___ Supplied information

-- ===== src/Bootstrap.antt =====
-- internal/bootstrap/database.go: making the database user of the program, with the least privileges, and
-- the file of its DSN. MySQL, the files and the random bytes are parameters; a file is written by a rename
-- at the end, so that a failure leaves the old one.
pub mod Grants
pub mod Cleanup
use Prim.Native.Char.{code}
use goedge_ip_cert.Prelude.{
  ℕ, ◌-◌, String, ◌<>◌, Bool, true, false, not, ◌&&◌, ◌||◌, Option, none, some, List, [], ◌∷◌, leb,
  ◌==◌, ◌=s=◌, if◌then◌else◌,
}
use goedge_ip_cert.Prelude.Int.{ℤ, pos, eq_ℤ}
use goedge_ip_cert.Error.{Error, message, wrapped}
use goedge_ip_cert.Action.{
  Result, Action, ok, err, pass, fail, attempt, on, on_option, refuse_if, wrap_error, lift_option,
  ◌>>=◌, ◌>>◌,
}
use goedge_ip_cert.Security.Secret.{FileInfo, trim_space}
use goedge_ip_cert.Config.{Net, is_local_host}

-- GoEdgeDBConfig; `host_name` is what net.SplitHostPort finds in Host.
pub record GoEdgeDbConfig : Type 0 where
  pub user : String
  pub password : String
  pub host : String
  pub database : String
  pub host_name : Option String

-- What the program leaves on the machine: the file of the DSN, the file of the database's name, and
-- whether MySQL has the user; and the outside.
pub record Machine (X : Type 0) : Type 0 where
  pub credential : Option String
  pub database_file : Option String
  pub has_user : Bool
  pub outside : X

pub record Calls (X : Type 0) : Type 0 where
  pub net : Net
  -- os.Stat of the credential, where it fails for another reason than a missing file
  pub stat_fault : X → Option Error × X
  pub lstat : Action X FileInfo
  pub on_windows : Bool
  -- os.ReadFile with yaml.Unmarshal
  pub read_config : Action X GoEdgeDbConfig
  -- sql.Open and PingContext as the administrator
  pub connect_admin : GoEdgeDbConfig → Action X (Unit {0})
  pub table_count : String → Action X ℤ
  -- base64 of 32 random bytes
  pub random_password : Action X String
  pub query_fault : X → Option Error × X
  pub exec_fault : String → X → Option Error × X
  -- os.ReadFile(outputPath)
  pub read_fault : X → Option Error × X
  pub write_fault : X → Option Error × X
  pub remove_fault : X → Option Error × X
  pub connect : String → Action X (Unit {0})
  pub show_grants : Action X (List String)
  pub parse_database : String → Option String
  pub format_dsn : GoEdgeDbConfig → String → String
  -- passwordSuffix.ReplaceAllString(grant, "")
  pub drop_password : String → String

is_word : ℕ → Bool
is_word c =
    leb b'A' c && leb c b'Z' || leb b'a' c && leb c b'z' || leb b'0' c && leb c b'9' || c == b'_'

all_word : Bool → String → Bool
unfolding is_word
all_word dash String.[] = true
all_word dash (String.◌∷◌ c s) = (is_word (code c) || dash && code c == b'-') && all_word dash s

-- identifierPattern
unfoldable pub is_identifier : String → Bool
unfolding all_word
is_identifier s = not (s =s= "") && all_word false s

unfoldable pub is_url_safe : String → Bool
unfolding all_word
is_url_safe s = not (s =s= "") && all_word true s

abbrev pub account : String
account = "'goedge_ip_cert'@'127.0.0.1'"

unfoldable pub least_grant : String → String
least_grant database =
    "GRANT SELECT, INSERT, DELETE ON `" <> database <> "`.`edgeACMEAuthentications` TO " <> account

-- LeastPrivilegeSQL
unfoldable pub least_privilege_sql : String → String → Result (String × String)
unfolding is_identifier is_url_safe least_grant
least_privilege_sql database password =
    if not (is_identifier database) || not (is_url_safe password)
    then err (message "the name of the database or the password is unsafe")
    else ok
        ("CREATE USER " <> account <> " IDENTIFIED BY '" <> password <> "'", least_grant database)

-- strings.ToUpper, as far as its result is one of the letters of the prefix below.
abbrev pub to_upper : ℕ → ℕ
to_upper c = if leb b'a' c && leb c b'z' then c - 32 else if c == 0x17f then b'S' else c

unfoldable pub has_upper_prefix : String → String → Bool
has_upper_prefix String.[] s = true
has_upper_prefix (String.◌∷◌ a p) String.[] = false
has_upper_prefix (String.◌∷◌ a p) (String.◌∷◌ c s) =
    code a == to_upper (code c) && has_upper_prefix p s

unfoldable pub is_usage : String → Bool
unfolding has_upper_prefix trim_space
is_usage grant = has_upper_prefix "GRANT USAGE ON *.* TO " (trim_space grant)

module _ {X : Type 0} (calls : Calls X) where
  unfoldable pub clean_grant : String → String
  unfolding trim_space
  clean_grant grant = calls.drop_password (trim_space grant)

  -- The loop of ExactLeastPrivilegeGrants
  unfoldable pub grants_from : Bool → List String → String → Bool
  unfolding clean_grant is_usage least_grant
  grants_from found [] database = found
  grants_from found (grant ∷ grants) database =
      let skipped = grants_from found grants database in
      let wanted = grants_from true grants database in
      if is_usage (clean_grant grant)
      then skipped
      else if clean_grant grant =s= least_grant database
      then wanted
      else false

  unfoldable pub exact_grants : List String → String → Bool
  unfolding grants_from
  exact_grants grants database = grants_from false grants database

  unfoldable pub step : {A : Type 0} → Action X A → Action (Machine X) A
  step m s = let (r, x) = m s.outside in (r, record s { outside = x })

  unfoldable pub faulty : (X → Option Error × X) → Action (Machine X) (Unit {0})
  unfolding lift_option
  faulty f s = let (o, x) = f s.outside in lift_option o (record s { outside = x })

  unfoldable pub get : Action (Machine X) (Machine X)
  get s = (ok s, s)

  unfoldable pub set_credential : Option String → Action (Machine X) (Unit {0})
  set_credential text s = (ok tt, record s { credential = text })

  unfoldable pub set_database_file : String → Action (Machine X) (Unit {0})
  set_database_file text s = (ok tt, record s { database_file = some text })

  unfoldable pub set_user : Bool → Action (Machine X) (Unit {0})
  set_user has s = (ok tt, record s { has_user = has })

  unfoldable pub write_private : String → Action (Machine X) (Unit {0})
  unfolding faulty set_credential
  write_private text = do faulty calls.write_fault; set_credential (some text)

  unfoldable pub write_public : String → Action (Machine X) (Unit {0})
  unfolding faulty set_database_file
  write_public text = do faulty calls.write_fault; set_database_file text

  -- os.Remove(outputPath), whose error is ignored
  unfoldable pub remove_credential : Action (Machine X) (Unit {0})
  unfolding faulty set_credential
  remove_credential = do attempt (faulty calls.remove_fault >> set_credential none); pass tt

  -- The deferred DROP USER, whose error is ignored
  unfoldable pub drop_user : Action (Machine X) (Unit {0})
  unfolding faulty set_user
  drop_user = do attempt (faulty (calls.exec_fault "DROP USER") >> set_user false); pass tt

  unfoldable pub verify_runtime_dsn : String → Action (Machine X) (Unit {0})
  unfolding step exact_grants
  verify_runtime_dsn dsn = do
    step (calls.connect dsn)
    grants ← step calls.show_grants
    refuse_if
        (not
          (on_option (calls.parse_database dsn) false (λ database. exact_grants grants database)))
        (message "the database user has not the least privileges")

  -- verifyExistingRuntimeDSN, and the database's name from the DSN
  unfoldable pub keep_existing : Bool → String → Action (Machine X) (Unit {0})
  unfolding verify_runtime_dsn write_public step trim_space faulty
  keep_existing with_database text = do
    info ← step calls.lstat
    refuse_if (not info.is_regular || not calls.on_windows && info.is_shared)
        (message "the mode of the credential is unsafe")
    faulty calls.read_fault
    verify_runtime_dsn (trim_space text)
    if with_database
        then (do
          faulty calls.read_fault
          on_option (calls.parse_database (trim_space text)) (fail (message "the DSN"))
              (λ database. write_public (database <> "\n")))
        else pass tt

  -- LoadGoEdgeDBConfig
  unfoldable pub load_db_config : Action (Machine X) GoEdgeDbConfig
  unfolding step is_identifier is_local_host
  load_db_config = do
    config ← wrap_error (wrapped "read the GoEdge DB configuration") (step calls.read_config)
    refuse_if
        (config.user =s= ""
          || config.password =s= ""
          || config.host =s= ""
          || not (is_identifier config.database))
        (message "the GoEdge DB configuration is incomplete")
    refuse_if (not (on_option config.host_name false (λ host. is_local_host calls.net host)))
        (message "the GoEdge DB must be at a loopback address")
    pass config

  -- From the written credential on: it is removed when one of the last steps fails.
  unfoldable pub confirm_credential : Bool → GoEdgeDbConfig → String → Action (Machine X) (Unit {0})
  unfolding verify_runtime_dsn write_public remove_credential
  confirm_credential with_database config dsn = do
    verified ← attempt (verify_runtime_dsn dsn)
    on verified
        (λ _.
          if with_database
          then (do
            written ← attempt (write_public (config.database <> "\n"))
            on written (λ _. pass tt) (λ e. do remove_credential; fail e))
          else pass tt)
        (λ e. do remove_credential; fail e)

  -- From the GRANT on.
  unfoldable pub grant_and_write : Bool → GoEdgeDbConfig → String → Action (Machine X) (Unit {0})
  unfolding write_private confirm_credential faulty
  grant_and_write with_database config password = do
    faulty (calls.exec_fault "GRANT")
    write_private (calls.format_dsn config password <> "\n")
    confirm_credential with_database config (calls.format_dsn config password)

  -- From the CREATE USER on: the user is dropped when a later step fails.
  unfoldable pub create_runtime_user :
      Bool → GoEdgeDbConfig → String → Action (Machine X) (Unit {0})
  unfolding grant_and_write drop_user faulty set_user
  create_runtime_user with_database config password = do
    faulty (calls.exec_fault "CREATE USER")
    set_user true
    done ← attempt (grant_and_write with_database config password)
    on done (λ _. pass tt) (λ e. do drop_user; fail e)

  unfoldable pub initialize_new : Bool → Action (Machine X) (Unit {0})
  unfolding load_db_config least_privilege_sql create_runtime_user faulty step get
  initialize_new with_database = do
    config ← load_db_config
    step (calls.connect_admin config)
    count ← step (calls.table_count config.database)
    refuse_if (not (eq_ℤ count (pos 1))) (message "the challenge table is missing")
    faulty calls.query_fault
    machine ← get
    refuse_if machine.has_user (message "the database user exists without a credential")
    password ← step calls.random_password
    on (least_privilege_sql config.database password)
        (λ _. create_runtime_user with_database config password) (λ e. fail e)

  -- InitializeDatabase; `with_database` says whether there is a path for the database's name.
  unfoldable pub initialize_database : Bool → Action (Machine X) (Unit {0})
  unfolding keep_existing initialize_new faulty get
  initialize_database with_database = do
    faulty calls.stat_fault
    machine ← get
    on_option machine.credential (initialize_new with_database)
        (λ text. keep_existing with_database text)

______

Could you set down, word for word, only the lines above from the line with "if not (is_identifier" to the line with "clean_grant grant = calls.drop_password", including both?

    if not (is_identifier database) || not (is_url_safe password)
    then err (message "the name of the database or the password is unsafe")
    else ok
        ("CREATE USER " <> account <> " IDENTIFIED BY '" <> password <> "'", least_grant database)

-- strings.ToUpper, as far as its result is one of the letters of the prefix below.
abbrev pub to_upper : ℕ → ℕ
to_upper c = if leb b'a' c && leb c b'z' then c - 32 else if c == 0x17f then b'S' else c

unfoldable pub has_upper_prefix : String → String → Bool
has_upper_prefix String.[] s = true
has_upper_prefix (String.◌∷◌ a p) String.[] = false
has_upper_prefix (String.◌∷◌ a p) (String.◌∷◌ c s) =
    code a == to_upper (code c) && has_upper_prefix p s

unfoldable pub is_usage : String → Bool
unfolding has_upper_prefix trim_space
is_usage grant = has_upper_prefix "GRANT USAGE ON *.* TO " (trim_space grant)

module _ {X : Type 0} (calls : Calls X) where
  unfoldable pub clean_grant : String → String
  unfolding trim_space
  clean_grant grant = calls.drop_password (trim_space grant)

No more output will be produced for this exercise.